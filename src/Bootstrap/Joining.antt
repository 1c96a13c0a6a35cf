-- ===== src/Bootstrap/Joining.antt =====
-- What a client is answered that connects to the bootstrap server, and what leaves of one that is
-- deleted.
use scalability_engineering.Prelude.{
  ℕ, suc, ◌≤◌, ◌≡◌, ◌≢◌, refl, Bool, false, ◌||◌, not, Option, none, some, String, str_eq, sym, ap,
  true, Bool-cases, Option-cases, inl, inr, Returns-inv, str_eq_iff, Returns, returns, Returns-bind,
  Returns-if, Returns-option, ℤ, length, arith,
}
use mathlib.Core.Path.{subst}
use scalability_engineering.PriorityQueue.Subset.{Random}
use scalability_engineering.PriorityQueue.Subset.Rejection.{Settles}
use scalability_engineering.PriorityQueue.Subset.Reservoir.{subset_size, IsServed}
use scalability_engineering.ClientManager.{ClientIdentity, ClientManager}
use scalability_engineering.ClientManager.Register.{Registered, Unregistered}
use scalability_engineering.ClientManager.Upkeep.{Good, add_client-joined, remove_client-left}
use scalability_engineering.ClientManager.Discover.{Told, get_random_subset-Told}
use scalability_engineering.Handlers.{Request}
use scalability_engineering.Bootstrap.{Answer, refuse, connect_handler, delete_handler}

not_empty : (s : String) (b : Bool) → (str_eq s "" || b) ≡ false → s ≢ ""
not_empty s b e p = ground (arith, str_eq_iff s "")

not_empty_right : (b : Bool) (s : String) → (b || str_eq s "") ≡ false → s ≢ ""
not_empty_right b s e p = ground (arith, str_eq_iff s "")

module _ {W : Type 0} (J : W → Type 0) (cm : ClientManager W) (w : W) where
  -- The answer to a request of a client to connect: a refusal that changes nothing, with its reason; or
  -- the client that the body gives is registered, and is told of others, itself among them perhaps.
  pub data Welcome (unmarshal : String → Option ClientIdentity) (r : Request) (now : ℤ)
      : ClientManager W × W × Answer → Type 0 where
    wrong_method : r.method ≢ "POST" → Welcome unmarshal r now (cm, w, refuse 405)
    no_body : r.method ≡ "POST" → r.body ≡ none → Welcome unmarshal r now (cm, w, refuse 400)
    undecoded :
        {body : String}
        → r.method ≡ "POST"
        → r.body ≡ some body
        → unmarshal body ≡ none
        → Welcome unmarshal r now (cm, w, refuse 400)
    unnamed :
        {body : String} {identity : ClientIdentity}
        → r.method ≡ "POST"
        → r.body ≡ some body
        → unmarshal body ≡ some identity
        → (str_eq identity.container_id "" || str_eq identity.name "") ≡ true
        → Welcome unmarshal r now (cm, w, refuse 400)
    joined :
        {cm' : ClientManager W} {w' : W} {answer : Answer} {body : String}
        (identity : ClientIdentity)
        → r.method ≡ "POST"
        → r.body ≡ some body
        → unmarshal body ≡ some identity
        → identity.container_id ≢ ""
        → identity.name ≢ ""
        → (good : Good J cm' w') → Registered J cm w identity now (cm', w')
        → answer.status ≡ 200
        → Told cm' good.valid good.coherent
            (subset_size cm'.config.subset_size (length cm'.priority_queue.values))
            answer.clients
        → Welcome unmarshal r now (cm', w', answer)

  -- A request to connect on a manager in order is answered without a panic, from some fuel of
  -- GetRandomSubset on, if a rejection sampling of queues of up to one more client meets each place
  -- again and again. A request that is no POST is refused with 405; one without a body, with one that
  -- is no identity, or with an empty container ID or name, with 400; these change nothing. Any other
  -- registers the identity of its body at the current time, keeps the manager in order, and answers
  -- with as many known clients as configured, or as are queued, none twice.
  pub connect_handler-Welcome :
      (unmarshal : String → Option ClientIdentity) (R : Random) (r : Request) (now : ℤ)
      → Good J cm w
      → ((count : ℕ)
          → count ≤ suc (length cm.priority_queue.values)
          → IsServed R count cm.config.subset_size)
      → Settles (Welcome unmarshal r now) (λ fuel. connect_handler unmarshal fuel R cm w r now)
  unfolding connect_handler
  connect_handler-Welcome unmarshal R r now good served =
      elim (Bool-cases (str_eq r.method "POST")) [
        | inr e ↦ (
          0,
          λ fuel p.
              simp (e) (returns (wrong_method (λ q. ground (arith, str_eq_iff r.method "POST")))),
        )
        | inl e ↦
            let post : r.method ≡ "POST" = ground (arith, str_eq_iff r.method "POST") in
            elim (Option-cases r.body) [
              | inl b ↦ (0, λ fuel p. simp (e, b) (returns (no_body post b)))
              | inr (body, b) ↦ elim (Option-cases (unmarshal body)) [
                | inl d ↦ (0, λ fuel p. simp (e, b, d) (returns (undecoded post b d)))
                | inr (identity, d) ↦
                    elim (Bool-cases (str_eq identity.container_id "" || str_eq identity.name "")) [
                      | inl f ↦ (0, λ fuel p. simp (e, b, d, f) (returns (unnamed post b d f)))
                      | inr f ↦
                          let n : identity.container_id ≢ "" =
                            not_empty identity.container_id _ f in
                          let m : identity.name ≢ "" = not_empty_right _ identity.name f in
                          let (s, eq, g) =
                            Returns-inv (add_client-joined J cm w good identity now n m) in
                          let (bound, ends) =
                            get_random_subset-Told s.0 g.0.valid g.0.coherent R none (
                              subst
                                (λ c. IsServed R (length s.0.priority_queue.values) c.subset_size)
                                (sym (ap (λ k. k.0) g.1.setup))
                                (served (length s.0.priority_queue.values) g.1.bounded)) in
                          (
                            bound,
                            λ fuel p.
                                simp (e, b, d, f, eq)
                                  (Returns-bind (ends fuel p) λ cs told.
                                    returns (joined identity post b d n m g.0 g.1 refl told)),
                          )
                    ]
              ]
            ]
      ]

  -- The answer to a request to delete a client.
  pub data Farewell : ClientManager W × W × Answer → Type 0 where
    rejected : {status : ℕ} → 400 ≤ status → Farewell (cm, w, refuse status)
    deleted :
        {cm' : ClientManager W} {w' : W} (id : String) (removed : Bool)
        → Good J cm' w'
        → Unregistered J cm w id (cm', w', removed)
        → Farewell (cm', w', refuse 200)

  -- A request to delete a client from a manager in order is answered without a panic: one that is
  -- no POST, cannot be read or is empty is refused and changes nothing; any other takes the client
  -- that its body names out of map and queue and is accepted, whether there was one or not.
  pub delete_handler-Farewell :
      (r : Request) → Good J cm w → Returns Farewell (delete_handler cm w r)
  unfolding delete_handler
  delete_handler-Farewell r good =
      Returns-if (not (str_eq r.method "POST")) (λ _. returns (rejected (omega arith)))
        λ _. Returns-option r.body (returns (rejected (omega arith))) λ id.
          Returns-if (str_eq id "") (λ _. returns (rejected (omega arith)))
            λ _.
              Returns-bind (remove_client-left J cm w good id)
                λ s g. returns (deleted id s.2 g.0 g.1)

== == ==

→ Aim of the exercise: Your answer must be a single number: how many lines of the entries above contain the string "antt".

→ Reply to the task: 2